Public Lecture – All welcome
Time: Thursday 9th September, 1.15pm UK time
Location: Online via Zoom - please contact Niall.mackenzie@glasgow.ac.uk for details.
Institutional creation or institutionalization?
Scottish Parliament and its building
Sabina Siebert (University of Glasgow) and Kevin Orr (University of St Andrews)
The emerging body of literature on institutional work provides an increasingly nuanced view of the relationship between actors and institutions. In this seminar we focus on one aspect of institutional work – creation of institutions, and specifically on the link between institutions and the buildings housing them (their age, design, location, and even décor within the building). In her article on the creation of the London School of Economics, Czarniawska (2009: 430) commented on the importance of the building as a stabilizing artefact for the institution: ‘With the exception of clandestine schools, a school is not a school without a building’. In another study, Delacour and Leca (2011) suggested that the nineteenth century annual arts exhibition in Paris met its demise because it never established its presence in a building. Acknowledging role of the building as ‘a strong material anchor’ (Monteiro & Nicolini, 2014: 4) for institutions, we analyse the case of the Scottish Parliament. This is the case of a relatively ‘young’ parliament. It was created in 1999 and its building opened in 2004.

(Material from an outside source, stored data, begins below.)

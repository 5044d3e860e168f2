-- ===== src/SessionManager.antt =====
-- The two maps of a transport between its clients' keys and their endpoints
-- (include/uxr/agent/transport/SessionManager.hpp). The type of endpoints is the class template's
-- parameter; the lock makes every operation one step.
pub mod Consistency
pub mod Tests
use micro_xrce_dds_agent.Common.{
  ℕ, ◌≡◌, refl, ap, ◌⊎◌, inl, inr, ◌≢◌, Bool, true, false, not, ◌&&◌, Option, none, some, [], arith,
  ltb, if◌then◌else◌, Option-cases, Bool-cases,
}
use micro_xrce_dds_agent.Common.Map.{
  Eq, Map, nat_eq, find, erase, emplace, assign, find-erase, find-assign, find-emplace,
}

abbrev pub has_session_client_key : ℕ → Bool
has_session_client_key session_id = ltb session_id 128

pub record SessionManager (EndPoint : Type 0) : Type 0 where
  pub endpoint_to_client_map : Map EndPoint ℕ
  pub client_to_endpoint_map : Map ℕ EndPoint

module _ {EndPoint : Type 0} ⦃q : Eq EndPoint⦄ where
  -- The first half: what is there of the client's old endpoint goes.
  abbrev pub establish_client : SessionManager EndPoint → EndPoint → ℕ → SessionManager EndPoint
  establish_client s endpoint client_key = elim (find client_key s.client_to_endpoint_map) [
    | some old ↦ record {
      endpoint_to_client_map = erase old s.endpoint_to_client_map;
      client_to_endpoint_map = assign client_key endpoint s.client_to_endpoint_map;
    }
    | none ↦ record {
      endpoint_to_client_map = s.endpoint_to_client_map;
      client_to_endpoint_map = emplace client_key endpoint s.client_to_endpoint_map;
    }
  ]

  -- The second half: a client whose messages carry no key is found by its endpoint.
  abbrev pub establish_endpoint : SessionManager EndPoint → EndPoint → ℕ → SessionManager EndPoint
  establish_endpoint s endpoint client_key = elim (find endpoint s.endpoint_to_client_map) [
    | some other ↦ record {
      endpoint_to_client_map = assign endpoint client_key s.endpoint_to_client_map;
      client_to_endpoint_map = s.client_to_endpoint_map;
    }
    | none ↦ record {
      endpoint_to_client_map = emplace endpoint client_key s.endpoint_to_client_map;
      client_to_endpoint_map = s.client_to_endpoint_map;
    }
  ]

  unfoldable pub establish_session :
      SessionManager EndPoint → EndPoint → ℕ → ℕ → SessionManager EndPoint
  establish_session s endpoint client_key session_id =
      let t = establish_client s endpoint client_key in
      if not (has_session_client_key session_id)
      then establish_endpoint t endpoint client_key
      else t

  unfoldable pub destroy_session_of_endpoint :
      SessionManager EndPoint → EndPoint → SessionManager EndPoint
  destroy_session_of_endpoint s endpoint = elim (find endpoint s.endpoint_to_client_map) [
    | some key ↦ record {
      endpoint_to_client_map = erase endpoint s.endpoint_to_client_map;
      client_to_endpoint_map = erase key s.client_to_endpoint_map;
    }
    | none ↦ s
  ]

  unfoldable pub destroy_session_of_client : SessionManager EndPoint → ℕ → SessionManager EndPoint
  destroy_session_of_client s client_key = elim (find client_key s.client_to_endpoint_map) [
    | some endpoint ↦ record {
      endpoint_to_client_map = erase endpoint s.endpoint_to_client_map;
      client_to_endpoint_map = erase client_key s.client_to_endpoint_map;
    }
    | none ↦ s
  ]

  unfoldable pub get_client_key : SessionManager EndPoint → EndPoint → Option ℕ
  get_client_key s endpoint = find endpoint s.endpoint_to_client_map

  unfoldable pub get_endpoint : SessionManager EndPoint → ℕ → Option EndPoint
  get_endpoint s client_key = find client_key s.client_to_endpoint_map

We ask the questions: How has the institution of Scottish Parliament been created? Have mimetic processes linked to institutional isomorphism played their part? Is the Parliament striving to conform to the Westminster model of Parliament, or striving to be original? How does the modern design of the building aid the creation of the modern institution? In the seminar we draw on the metaphor put forward by Barbara Czarniawska (2013: 106) of an institution as an anthill. Institutional creation is long term practice and it “takes many ants to build it” and “institutional entrepreneurs are not necessarily those individuals who become heroes of popular narratives”. Who are the institutional entrepreneurs in the Scottish Parliament?
Sabina Siebert
Sabina Siebert is a professor of management in the Adam Smith Business School, University of Glasgow. Her research interests include organizations and professions, organizational trust and distrust, and management in the creative industries. She has researched an ancient profession – Scottish advocates (a paper based on this study was published in the Academy of Management Journal). She was an Academic Fellow of the UK Parliament and an Academic Fellow of the Scottish Parliament. In collaboration with Barbara Czarniawska, she is also researching the careers of secret service agents drawing on spies’ biographies.
Kevin Orr
Kevin Orr is Professor of Management, University of St Andrews, and Senior Fellow at the Institute of European Studies, University of California, Berkeley. He is collaborating with Professor Sabina Siebert as Academic Fellow of the Scottish Parliament. His writing on the theme of organizational ghosts appears in Organization Studies, and the International Journal of Management Reviews.